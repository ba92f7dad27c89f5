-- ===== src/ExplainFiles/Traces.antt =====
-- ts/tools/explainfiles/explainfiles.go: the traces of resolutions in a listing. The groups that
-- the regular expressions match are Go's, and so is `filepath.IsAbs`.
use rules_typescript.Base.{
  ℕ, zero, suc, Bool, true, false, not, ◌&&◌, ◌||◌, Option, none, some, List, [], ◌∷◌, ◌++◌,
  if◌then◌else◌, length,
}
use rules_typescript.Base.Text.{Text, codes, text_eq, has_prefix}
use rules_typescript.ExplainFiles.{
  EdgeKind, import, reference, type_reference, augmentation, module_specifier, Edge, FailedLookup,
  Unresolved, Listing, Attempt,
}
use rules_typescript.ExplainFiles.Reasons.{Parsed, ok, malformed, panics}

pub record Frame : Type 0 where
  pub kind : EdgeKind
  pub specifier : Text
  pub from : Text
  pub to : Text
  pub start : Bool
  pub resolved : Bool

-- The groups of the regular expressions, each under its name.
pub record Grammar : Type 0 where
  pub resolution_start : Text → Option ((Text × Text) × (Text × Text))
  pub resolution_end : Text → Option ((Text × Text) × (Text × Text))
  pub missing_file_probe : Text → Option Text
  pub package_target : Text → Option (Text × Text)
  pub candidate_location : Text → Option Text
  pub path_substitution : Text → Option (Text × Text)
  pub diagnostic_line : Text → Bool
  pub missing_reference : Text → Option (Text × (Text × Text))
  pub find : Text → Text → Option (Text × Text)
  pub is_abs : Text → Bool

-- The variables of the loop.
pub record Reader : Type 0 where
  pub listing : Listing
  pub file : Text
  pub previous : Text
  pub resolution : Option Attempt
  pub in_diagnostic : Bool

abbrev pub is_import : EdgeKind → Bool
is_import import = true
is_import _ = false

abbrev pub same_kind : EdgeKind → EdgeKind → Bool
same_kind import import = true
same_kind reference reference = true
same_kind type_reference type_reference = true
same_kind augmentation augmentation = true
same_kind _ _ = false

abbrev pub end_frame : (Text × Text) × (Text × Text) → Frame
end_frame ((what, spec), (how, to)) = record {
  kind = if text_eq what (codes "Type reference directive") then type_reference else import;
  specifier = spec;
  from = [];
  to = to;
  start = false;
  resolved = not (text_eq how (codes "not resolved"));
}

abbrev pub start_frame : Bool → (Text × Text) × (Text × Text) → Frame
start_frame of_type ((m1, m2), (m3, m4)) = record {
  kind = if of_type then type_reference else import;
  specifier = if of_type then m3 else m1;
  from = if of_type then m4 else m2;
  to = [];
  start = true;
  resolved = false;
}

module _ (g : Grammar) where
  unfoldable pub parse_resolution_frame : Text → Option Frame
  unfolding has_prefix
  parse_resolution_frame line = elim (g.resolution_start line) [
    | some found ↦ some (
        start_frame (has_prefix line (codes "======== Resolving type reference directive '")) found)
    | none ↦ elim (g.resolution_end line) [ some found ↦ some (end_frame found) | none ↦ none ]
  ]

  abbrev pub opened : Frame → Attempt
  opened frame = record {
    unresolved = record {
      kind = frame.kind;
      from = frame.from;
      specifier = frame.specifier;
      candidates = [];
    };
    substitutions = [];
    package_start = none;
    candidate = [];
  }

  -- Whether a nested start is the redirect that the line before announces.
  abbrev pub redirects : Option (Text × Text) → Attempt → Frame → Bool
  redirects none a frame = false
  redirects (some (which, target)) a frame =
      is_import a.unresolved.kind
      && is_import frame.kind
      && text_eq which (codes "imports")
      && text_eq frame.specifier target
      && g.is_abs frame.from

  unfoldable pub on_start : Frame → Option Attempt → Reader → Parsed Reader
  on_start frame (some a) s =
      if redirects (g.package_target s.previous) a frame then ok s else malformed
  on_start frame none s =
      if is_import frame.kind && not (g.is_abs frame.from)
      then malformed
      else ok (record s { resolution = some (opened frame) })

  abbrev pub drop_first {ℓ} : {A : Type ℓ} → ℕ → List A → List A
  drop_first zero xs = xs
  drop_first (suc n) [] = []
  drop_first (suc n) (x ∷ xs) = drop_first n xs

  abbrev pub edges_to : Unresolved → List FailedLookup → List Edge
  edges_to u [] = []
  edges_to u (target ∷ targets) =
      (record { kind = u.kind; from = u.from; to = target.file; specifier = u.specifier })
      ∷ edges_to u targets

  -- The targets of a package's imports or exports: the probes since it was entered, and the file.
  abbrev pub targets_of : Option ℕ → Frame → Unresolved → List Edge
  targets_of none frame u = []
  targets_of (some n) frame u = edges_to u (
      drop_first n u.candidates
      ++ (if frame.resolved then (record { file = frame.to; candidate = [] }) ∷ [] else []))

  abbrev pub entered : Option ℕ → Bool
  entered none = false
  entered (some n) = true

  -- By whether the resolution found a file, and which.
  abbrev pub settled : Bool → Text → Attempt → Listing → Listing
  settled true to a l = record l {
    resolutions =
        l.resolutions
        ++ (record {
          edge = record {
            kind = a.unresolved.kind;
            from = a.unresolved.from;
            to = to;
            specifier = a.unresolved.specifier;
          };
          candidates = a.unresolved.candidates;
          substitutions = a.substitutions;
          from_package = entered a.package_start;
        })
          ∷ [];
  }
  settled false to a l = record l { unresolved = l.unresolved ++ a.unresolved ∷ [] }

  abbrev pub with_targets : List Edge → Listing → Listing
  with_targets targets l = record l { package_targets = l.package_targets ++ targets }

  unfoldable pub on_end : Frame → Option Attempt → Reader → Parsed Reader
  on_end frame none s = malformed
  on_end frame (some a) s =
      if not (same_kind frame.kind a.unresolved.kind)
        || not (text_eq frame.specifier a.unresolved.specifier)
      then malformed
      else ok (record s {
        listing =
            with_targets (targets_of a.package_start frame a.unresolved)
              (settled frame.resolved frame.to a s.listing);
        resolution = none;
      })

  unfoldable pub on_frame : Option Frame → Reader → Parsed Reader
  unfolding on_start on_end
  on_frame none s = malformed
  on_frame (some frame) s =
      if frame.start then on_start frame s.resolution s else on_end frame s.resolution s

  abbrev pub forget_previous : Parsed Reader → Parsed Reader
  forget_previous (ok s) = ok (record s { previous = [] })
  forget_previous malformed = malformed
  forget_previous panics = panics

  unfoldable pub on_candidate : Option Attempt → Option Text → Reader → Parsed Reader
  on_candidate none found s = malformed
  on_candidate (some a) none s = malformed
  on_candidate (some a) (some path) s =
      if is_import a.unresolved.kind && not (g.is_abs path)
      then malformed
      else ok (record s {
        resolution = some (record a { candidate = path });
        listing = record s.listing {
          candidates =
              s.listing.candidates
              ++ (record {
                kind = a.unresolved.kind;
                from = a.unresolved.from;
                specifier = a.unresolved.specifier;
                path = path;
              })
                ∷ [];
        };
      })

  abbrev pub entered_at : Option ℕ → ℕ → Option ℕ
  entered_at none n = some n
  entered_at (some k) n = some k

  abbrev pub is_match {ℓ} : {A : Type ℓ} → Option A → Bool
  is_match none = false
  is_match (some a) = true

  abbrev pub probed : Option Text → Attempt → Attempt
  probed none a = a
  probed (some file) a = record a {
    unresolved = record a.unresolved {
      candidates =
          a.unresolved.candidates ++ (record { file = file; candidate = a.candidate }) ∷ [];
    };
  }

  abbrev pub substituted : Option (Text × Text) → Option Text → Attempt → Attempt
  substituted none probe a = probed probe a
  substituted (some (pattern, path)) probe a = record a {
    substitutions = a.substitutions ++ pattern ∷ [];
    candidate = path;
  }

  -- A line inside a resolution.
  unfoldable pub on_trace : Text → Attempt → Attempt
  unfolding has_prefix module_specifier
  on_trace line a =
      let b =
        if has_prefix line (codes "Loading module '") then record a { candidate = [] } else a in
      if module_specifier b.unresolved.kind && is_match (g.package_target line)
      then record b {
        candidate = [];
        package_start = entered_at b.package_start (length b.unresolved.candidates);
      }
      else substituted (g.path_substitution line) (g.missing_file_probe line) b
○ ○ ○ ○ ○ ○ ○
- _What to produce_:
In the data above, find each line that uses the string "directive". Copy it.

- _Answer to the exercise_:
  kind = if text_eq what (codes "Type reference directive") then type_reference else import;
        start_frame (has_prefix line (codes "======== Resolving type reference directive '")) found)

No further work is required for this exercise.